[[ Data for processing, beginning ]]
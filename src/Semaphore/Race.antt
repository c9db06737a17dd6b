-- ===== src/Semaphore/Race.antt =====
-- Two unlocks of src/Semaphore.c at the same time: Semaphore$unlock looks at the value and gives the
-- unit back in two system calls.
use atomicles.Base.{ℕ, suc, ◌<◌, ◌≡◌, refl, subst, Bool, arith}
use atomicles.Base.Int.{ℤ, pos, minus_one}
use atomicles.Sys.{Kernel}
use atomicles.Sys.Run
use atomicles.Sys.Run.{Cmd, Returns, returns, pure, ◌>>=◌}
use atomicles.Sys.View.{SemSet, set_value}
use atomicles.Sys.Laws.{Laws, max_value}
use atomicles.Semaphore.{Semaphore, used, release, unlock}
use atomicles.Semaphore.Locking.{
  Holds, used_lem, Holds-set_value, release-give, unlock-give, unlock-full,
}

module _ {W : Type 0} ⦃k : Kernel W⦄ where
  -- Two processes unlock: both look before either of them gives.
  abbrev pub looks_first : Semaphore → ℕ → Bool → Cmd W (ℤ × ℤ)
  looks_first this i persist = do
    a ← used this i
    b ← used this i
    x ← release this i persist a
    y ← release this i persist b
    pure (x, y)

  -- One after the other.
  abbrev pub in_turn : Semaphore → ℕ → Bool → Cmd W (ℤ × ℤ)
  in_turn this i persist = do x ← unlock this i persist; y ← unlock this i persist; pure (x, y)

module _ {W : Type 0} ⦃k : Kernel W⦄ (laws : Laws k) where
  open laws use {view}

  -- So much is free.
  abbrev pub IsFree : Semaphore → ℕ → ℕ → W → Type 0
  IsFree this i n w = (s : SemSet) × Holds laws this i w s n

  Holds-same :
      {this : Semaphore} {i : ℕ} {w w' : W} {s : SemSet} {v : ℕ}
      → view w' ≡ view w
      → Holds laws this i w s v
      → Holds laws this i w' s v
  Holds-same same h = record { exists = rw same h.exists; value = h.value }

  module _ {this : Semaphore} {i : ℕ} {w : W} {s : SemSet} {v : ℕ} where
    -- With one unit out, of a size below SEMVMX: of two unlocks in turn the second one answers -1,
    -- and `size` units are free; of two unlocks that both look before either gives, both answer 0,
    -- and `size` + 1 units are free.
    pub unlock_race :
        (persist : Bool)
        → Holds laws this i w s v
        → this.size ≡ suc v
        → this.size < max_value
        → Returns
            (λ r w'. (r ≡ (pos 0, minus_one)) × IsFree this i this.size w')
            (in_turn this i persist w)
          × Returns
              (λ r w'. (r ≡ (pos 0, pos 0)) × IsFree this i (suc this.size) w')
              (looks_first this i persist w)
    unlock_race persist h one room =
        let size_is : suc v ≡ this.size = omega (arith, one) in
        (
          Run.bind
              (unlock-give laws {this = this} {s = s} persist h (omega (arith, one))
                (omega (arith, one, room)))
              λ x w1 (first, at1).
                Run.bind
                  (unlock-full laws {this = this} {s = set_value s i (suc v)} persist
                    (Holds-set_value laws (suc v) h at1) (omega (arith, one)))
                  λ y w2 (second, same).
                    rw (first, second)
                      (returns (
                        refl,
                        (
                          set_value s i (suc v),
                          subst (λ n. Holds laws this i w2 (set_value s i (suc v)) n) size_is
                              (Holds-same same (Holds-set_value laws (suc v) h at1)),
                        ),
                      )),
          Run.bind (used_lem laws h) λ a w1 (e1, s1).
              Run.bind (used_lem laws (Holds-same s1 h)) λ b w2 (e2, s2).
                rw (e1, e2)
                  (let seen : Holds laws this i w2 s v = Holds-same s2 (Holds-same s1 h) in
                    Run.bind
                      (release-give laws {this = this} {s = s} persist v seen (omega (arith, one))
                        (omega (arith, one, room)))
                      λ x w3 (first, at3).
                        Run.bind
                          (release-give laws {this = this} {s = set_value s i (suc v)} persist v
                            (Holds-set_value laws (suc v) seen at3) (omega (arith, one))
                            (omega (arith, one, room)))
                          λ y w4 (second, at4).
                            rw (first, second)
                              (returns (
                                refl,
                                (
                                  set_value (set_value s i (suc v)) i (suc (suc v)),
                                  subst
                                      (λ n.
                                        Holds laws this i w4
                                          (set_value (set_value s i (suc v)) i (suc (suc v)))
                                          (suc n))
                                      size_is
                                      (Holds-set_value laws (suc (suc v))
                                        (Holds-set_value laws (suc v) seen at3) at4),
                                ),
                              ))),
        )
[[ Data for processing, end ]]
▸ What the exercise asks:
Using the data above, reproduce exactly the lines between those holding "Laws k) where" and "(λ r w'. (r ≡ (pos 0, minus_one))", inclusive, and no others.

▸ Answer to the exercise:
module _ {W : Type 0} ⦃k : Kernel W⦄ (laws : Laws k) where
  open laws use {view}

  -- So much is free.
  abbrev pub IsFree : Semaphore → ℕ → ℕ → W → Type 0
  IsFree this i n w = (s : SemSet) × Holds laws this i w s n

  Holds-same :
      {this : Semaphore} {i : ℕ} {w w' : W} {s : SemSet} {v : ℕ}
      → view w' ≡ view w
      → Holds laws this i w s v
      → Holds laws this i w' s v
  Holds-same same h = record { exists = rw same h.exists; value = h.value }

  module _ {this : Semaphore} {i : ℕ} {w : W} {s : SemSet} {v : ℕ} where
    -- With one unit out, of a size below SEMVMX: of two unlocks in turn the second one answers -1,
    -- and `size` units are free; of two unlocks that both look before either gives, both answer 0,
    -- and `size` + 1 units are free.
    pub unlock_race :
        (persist : Bool)
        → Holds laws this i w s v
        → this.size ≡ suc v
        → this.size < max_value
        → Returns
            (λ r w'. (r ≡ (pos 0, minus_one)) × IsFree this i this.size w')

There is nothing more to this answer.